The National Redress Scheme is the Australian Government’s response to the recommendations of the Royal Commission into Institutional Responses to Child Sex Abuse. The Scheme began on 1stJuly 2018 and will run for 10 years.

Those who experienced sexual abuse when they were under 18 years of age, and where an institution was responsible for bringing them into contact with the person who abused them, can apply to the National Redress Scheme.

“Previously, in Victoria, one of the only avenues available was the Victims of Crime Assistance Tribunal,” says Thomas McCredie, Senior Associate at Mazzeo Lawyers. Mr McCredie has run a number of cases for clients who have experienced child sexual abuse.

“To access victims of crime compensation, it is very helpful if police have investigated the matter, but this can present difficulties when dealing with historical cases of sexual abuse where offenders may no longer be alive, where witnesses are no longer around, or where the institution no longer exists.
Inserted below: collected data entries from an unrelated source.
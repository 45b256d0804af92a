-- ===== src/Sdn.antt =====
-- The NoC manager: the controllers of the circuit-switched subnets.
pub mod Address
pub mod Queues
pub mod Noc
pub mod Hadlock
pub mod Circuits
pub mod Token
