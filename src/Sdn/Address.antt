-- ===== src/Sdn/Address.antt =====
-- The addresses of clusters, of their controllers and of the tasks that run them: noc_manager.c and
-- common_include.h of applications/MAN_app. The dimensions of the chip and of a cluster, build
-- parameters, are arguments.
pub mod Bijection
use mmemphis.Base.{ℕ, ◌/◌, ◌%◌, ◌||◌, ltb, leb, if◌then◌else◌, add32, sub32, mul32, pack8}

-- `x << 8 | y`
unfoldable pub conv_cluster_addr_to_task_id : ℕ → ℕ → ℕ
conv_cluster_addr_to_task_id cluster_addr x_cluster_num =
    let tx = cluster_addr / 256 in
    let ty = cluster_addr % 256 in add32 (add32 tx (mul32 ty x_cluster_num)) 1

unfoldable pub conv_task_id_to_cluster_addr : ℕ → ℕ → ℕ → ℕ
conv_task_id_to_cluster_addr task_id id_offset x_cluster_num =
    let k = sub32 task_id id_offset in
    let ty = k / x_cluster_num in let tx = sub32 k (mul32 ty x_cluster_num) in pack8 tx ty

-- What `init_cluster_address_offset` sets.
pub record Region : Type 0 where
  pub x_offset : ℕ
  pub y_offset : ℕ
  pub x_cluster_addr : ℕ
  pub y_cluster_addr : ℕ
  pub cluster_addr : ℕ

unfoldable pub init_cluster_address_offset : ℕ → ℕ → ℕ → ℕ → Region
init_cluster_address_offset xdimension sdn_xcluster sdn_ycluster id =
    let cluster_per_layer = xdimension / sdn_xcluster in
    let layers_above = id / cluster_per_layer in
    let y_off = mul32 layers_above sdn_ycluster in
    let x_off = mul32 (sub32 id (mul32 cluster_per_layer layers_above)) sdn_xcluster in
    record {
      x_offset = x_off;
      y_offset = y_off;
      x_cluster_addr = x_off / sdn_xcluster;
      y_cluster_addr = y_off / sdn_ycluster;
      cluster_addr = pack8 (x_off / sdn_xcluster) (y_off / sdn_ycluster);
    }

unfoldable pub is_local_connection : ℕ → ℕ → Region → ℕ → ℕ → ℕ → ℕ → ℕ
is_local_connection sdn_xcluster sdn_ycluster r source_x source_y target_x target_y =
    if ltb source_x r.x_offset
      || leb (add32 r.x_offset sdn_xcluster) source_x
      || ltb source_y r.y_offset
      || leb (add32 r.y_offset sdn_ycluster) source_y
      || ltb target_x r.x_offset
      || leb (add32 r.x_offset sdn_xcluster) target_x
      || ltb target_y r.y_offset
      || leb (add32 r.y_offset sdn_ycluster) target_y
    then 0
    else 1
There are also caps on the amount that can be awarded, which often don’t allow victims of child sexual abuse to be adequately compensated.

“Another possible option is to commence court proceedings, but the same issues can arise and there are the added legal costs, as well as the difficulties in establishing liability and negligence. These can all be barriers to a successful claim for historical sexual abuse.”

Removing barriers

The National Redress Scheme removes some of these barriers. Mr McCredie says the level of evidence required is lower, the process is quicker, and the Scheme provides access to three key elements:

  • Counselling
  • A redress payment (up to $150,000), and
  • The option of a personal response from the institution, most often an apology.
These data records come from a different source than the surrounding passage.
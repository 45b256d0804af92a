-- ===== src/Sdn/Address/Bijection.antt =====
-- Cluster addresses, task identifiers and regions determine one another.
use mmemphis.Base.{
  ℕ, ◌+◌, ◌*◌, ◌/◌, ◌%◌, ◌≤◌, ◌<◌, ◌≡◌, ap, ◌∙◌, ◌↔◌, arith, word_mod, sub32, mul32, pack8_lem,
}
use native.Mathlib.Nat.{mod-lt, div-add-mod}
use mmemphis.Sdn.Address.{
  Region, conv_cluster_addr_to_task_id, conv_task_id_to_cluster_addr, init_cluster_address_offset,
  is_local_connection,
}

product_bound : (a b c d : ℕ) → a ≤ c → b ≤ d → a * b ≤ c * d
product_bound a b c d h k = grind arith

divide : (t y w : ℕ) → t < w → (t + y * w) / w ≡ y
divide t y w h = grind arith

conv_cluster_addr-eq :
    (tx ty w : ℕ)
    → tx < 256
    → w ≤ 256
    → ty < 256
    → conv_cluster_addr_to_task_id (tx * 256 + ty) w ≡ tx + ty * w + 1
unfolding conv_cluster_addr_to_task_id
conv_cluster_addr-eq tx ty w h k l =
    let row : (tx * 256 + ty) % 256 ≡ ty = omega arith in
    let column : (tx * 256 + ty) / 256 ≡ tx = omega arith in
    rw (row, column) (omega (arith, product_bound ty w 255 256 (omega arith) k))

conv_task_id-eq :
    (tx ty w : ℕ)
    → tx < w
    → w ≤ 256
    → ty < 256
    → conv_task_id_to_cluster_addr (tx + ty * w + 1) 1 w ≡ tx * 256 + ty
unfolding conv_task_id_to_cluster_addr
conv_task_id-eq tx ty w h k l =
    let bound = product_bound ty w 255 256 (omega arith) k in
    let index : sub32 (tx + ty * w + 1) 1 ≡ tx + ty * w = omega arith in
    let column : sub32 (tx + ty * w) (mul32 ty w) ≡ tx = omega arith in
    rw (index, divide tx ty w h, column) (pack8_lem tx ty (omega arith) l)

-- The identifier of the task of a cluster's controller gives the cluster's address back, where the
-- tasks of its kind start at 1 and the address is one of a chip of up to 256 clusters in each
-- direction.
conv_task_id-conv_cluster_addr :
    (tx ty w : ℕ)
    → tx < w
    → w ≤ 256
    → ty < 256
    → conv_task_id_to_cluster_addr (conv_cluster_addr_to_task_id (tx * 256 + ty) w) 1 w
      ≡ tx * 256 + ty
conv_task_id-conv_cluster_addr tx ty w h k l =
    ap (λ i. conv_task_id_to_cluster_addr i 1 w) (conv_cluster_addr-eq tx ty w (omega arith) k l)
    ∙ conv_task_id-eq tx ty w h k l

-- A controller's place: row `l` and column `r` of the clusters, `w` to a row.
region_words :
    (w l r xc yc id : ℕ)
    → w * l + r ≡ id
    → r < w
    → w ≤ 256
    → l < 256
    → xc ≤ 256
    → yc ≤ 256
    → (mul32 (sub32 id (mul32 w l)) xc ≡ r * xc) × (mul32 l yc ≡ l * yc)
region_words w l r xc yc id e h k m hx hy =
    let row : mul32 w l ≡ w * l = omega (arith, product_bound w l 256 255 k (omega arith)) in
    let column : sub32 id (w * l) ≡ r = omega (arith, product_bound w l 256 255 k (omega arith)) in
    (
      rw (row, column) (omega (arith, product_bound r xc 255 256 (omega arith) hx)),
      omega (arith, product_bound l yc 255 256 (omega arith) hy),
    )

times-div : (a b : ℕ) → 0 < b → a * b / b ≡ a
times-div a b h = grind arith

-- The block of a coordinate.
div-block : (x c n : ℕ) → 0 < n → c * n ≤ x → x < c * n + n → x / n ≡ c
div-block x c n h lo hi = grind arith

block-div : (x n : ℕ) → 0 < n → (x / n * n ≤ x) × (x < x / n * n + n)
block-div x n h = grind arith

-- Whether a coordinate lies in a block of `n` from `o` on.
abbrev pub Within : ℕ → ℕ → ℕ → Type 0
Within o n x = (o ≤ x) × (x < o + n)

inside :
    (xc yc : ℕ) (r : Region) (sx sy tx ty : ℕ)
    → r.x_offset + xc < word_mod
    → r.y_offset + yc < word_mod
    → (is_local_connection xc yc r sx sy tx ty ≡ 1) ↔ (
        Within r.x_offset xc sx
        × Within r.y_offset yc sy
        × Within r.x_offset xc tx
        × Within r.y_offset yc ty)
unfolding is_local_connection
inside xc yc r sx sy tx ty hx hy = (λ e. ground arith, λ h. ground arith)

-- The dimensions of a chip that its addresses can name: eight bits for each coordinate.
pub record IsChip (xd xc yc : ℕ) : Type 0 where
  pub wide : 0 < xc
  pub high : 0 < yc
  pub some_cluster : 0 < xd / xc
  pub x_fits : xc ≤ 256
  pub y_fits : yc ≤ 256
  pub row_fits : xd / xc ≤ 256

module _ (xd xc yc id : ℕ) (chip : IsChip xd xc yc) (rows : id / (xd / xc) < 256) where
  -- On a chip whose addresses fit eight bits for each coordinate, the cluster of controller `id`
  -- stands in column `id % (xd / xc)` and row `id / (xd / xc)`, and its address converts to the
  -- task identifier `id + 1`.
  init_cluster_address_offset_lem :
      let r = init_cluster_address_offset xd xc yc id in
      (r.x_offset ≡ id % (xd / xc) * xc)
      × (r.y_offset ≡ id / (xd / xc) * yc)
      × (r.cluster_addr ≡ id % (xd / xc) * 256 + id / (xd / xc))
      × (conv_cluster_addr_to_task_id r.cluster_addr (xd / xc) ≡ id + 1)
  unfolding init_cluster_address_offset
  init_cluster_address_offset_lem =
      let part = div-add-mod id (xd / xc) in
      let below = mod-lt id {m = xd / xc} chip.some_cluster in
      let (x, y) =
        region_words (xd / xc) (id / (xd / xc)) (id % (xd / xc)) xc yc id part below chip.row_fits
          rows chip.x_fits chip.y_fits in
      let column = times-div (id % (xd / xc)) xc chip.wide in
      let row = times-div (id / (xd / xc)) yc chip.high in
      let address =
        pack8_lem (id % (xd / xc)) (id / (xd / xc)) (omega (arith, chip.row_fits)) rows in
      (
        x,
        y,
        rw (x, y, column, row) address,
        rw (x, y, column, row, address)
            (conv_cluster_addr-eq (id % (xd / xc)) (id / (xd / xc)) (xd / xc)
                (omega (arith, chip.row_fits)) chip.row_fits rows
              ∙ omega (arith, part)),
      )

  -- On a chip whose addresses fit eight bits for each coordinate, a connection is local to a
  -- controller exactly where source and target both stand in the block of processors whose column
  -- and row are the controller's.
  pub is_local_connection_lem :
      (sx sy tx ty : ℕ)
      → (is_local_connection xc yc (init_cluster_address_offset xd xc yc id) sx sy tx ty ≡ 1) ↔ (
          (sx / xc ≡ id % (xd / xc))
          × (sy / yc ≡ id / (xd / xc))
          × (tx / xc ≡ id % (xd / xc))
          × (ty / yc ≡ id / (xd / xc)))
  is_local_connection_lem sx sy tx ty =
      let (x, y, _, _) = init_cluster_address_offset_lem in
      let below = mod-lt id {m = xd / xc} chip.some_cluster in
      let xs =
        product_bound (id % (xd / xc)) xc 255 256 (omega (arith, chip.row_fits)) chip.x_fits in
      let ys = product_bound (id / (xd / xc)) yc 255 256 (omega arith) chip.y_fits in
      let (to, from) =
        inside xc yc (init_cluster_address_offset xd xc yc id) sx sy tx ty
          (omega (arith, x, xs, chip.x_fits)) (omega (arith, y, ys, chip.y_fits)) in
      (
        λ e.
            let (a, b, c, d) = to e in
            (
              div-block sx (id % (xd / xc)) xc chip.wide (omega (arith, a, x))
                  (omega (arith, a, x)),
              div-block sy (id / (xd / xc)) yc chip.high (omega (arith, b, y))
                  (omega (arith, b, y)),
              div-block tx (id % (xd / xc)) xc chip.wide (omega (arith, c, x))
                  (omega (arith, c, x)),
              div-block ty (id / (xd / xc)) yc chip.high (omega (arith, d, y))
                  (omega (arith, d, y)),
            ),
        λ (a, b, c, d). from (
          rw (x, ← a) (block-div sx xc chip.wide),
          rw (y, ← b) (block-div sy yc chip.high),
          rw (x, ← c) (block-div tx xc chip.wide),
          rw (y, ← d) (block-div ty yc chip.high),
        ),
      )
Mr McCredie says an apology is often an important outcome for abuse victims.

“The acknowledgement from the organisation that harm was done and that they are sorry for these actions often goes a long way. The apology is important from a psychological perspective and can assist in helping people move on,” he says.

“Counselling is critically important as it provides support for victims to deal with issues that may have been buried for years. The financial redress is also key because a lot of victims have terribly disrupted lives in terms of education and employment. A financial award often goes towards further counselling services and securing longer term financial interests, such as housing.”

But a consideration to be weighed up beforeapplying to the National Redress Scheme is that an award from the Scheme precludes making a claim via the court process, and vice versa.

Looking ahead

Mr McCredie says the Royal Commission has been ‘incredibly beneficial and impactful’ and he believes the climate around historical child sex abuse has changed.

“In the past there has been real doubt cast on people coming forward with historical allegations of sexual abuse,” he says.

“Through the Royal Commission there seems to be a general acknowledgement of just how widespread this issue is, as well as an understanding of how and why those affected might present in a certain way. I hope this provides some comfort and encouragement for people who want to come forward to do so.

“Some clients feel the Royal Commission has provided an element of justice, because people who otherwise wouldn’t have been questioned about certain actions were required to give evidence. In a court process very rarely are witnesses examined or cross examined because matters are often settled before trial,” adds Mr McCredie.

“The Royal Commission has also gathered a lot of evidence about institutional child sex abuse cases. Prior to that, unless a police investigation was undertaken or people came forward as witnesses and gave evidence, there were very few other options to get information or evidence to support a claim. A lot of claims have come to court because of the Royal Commission.”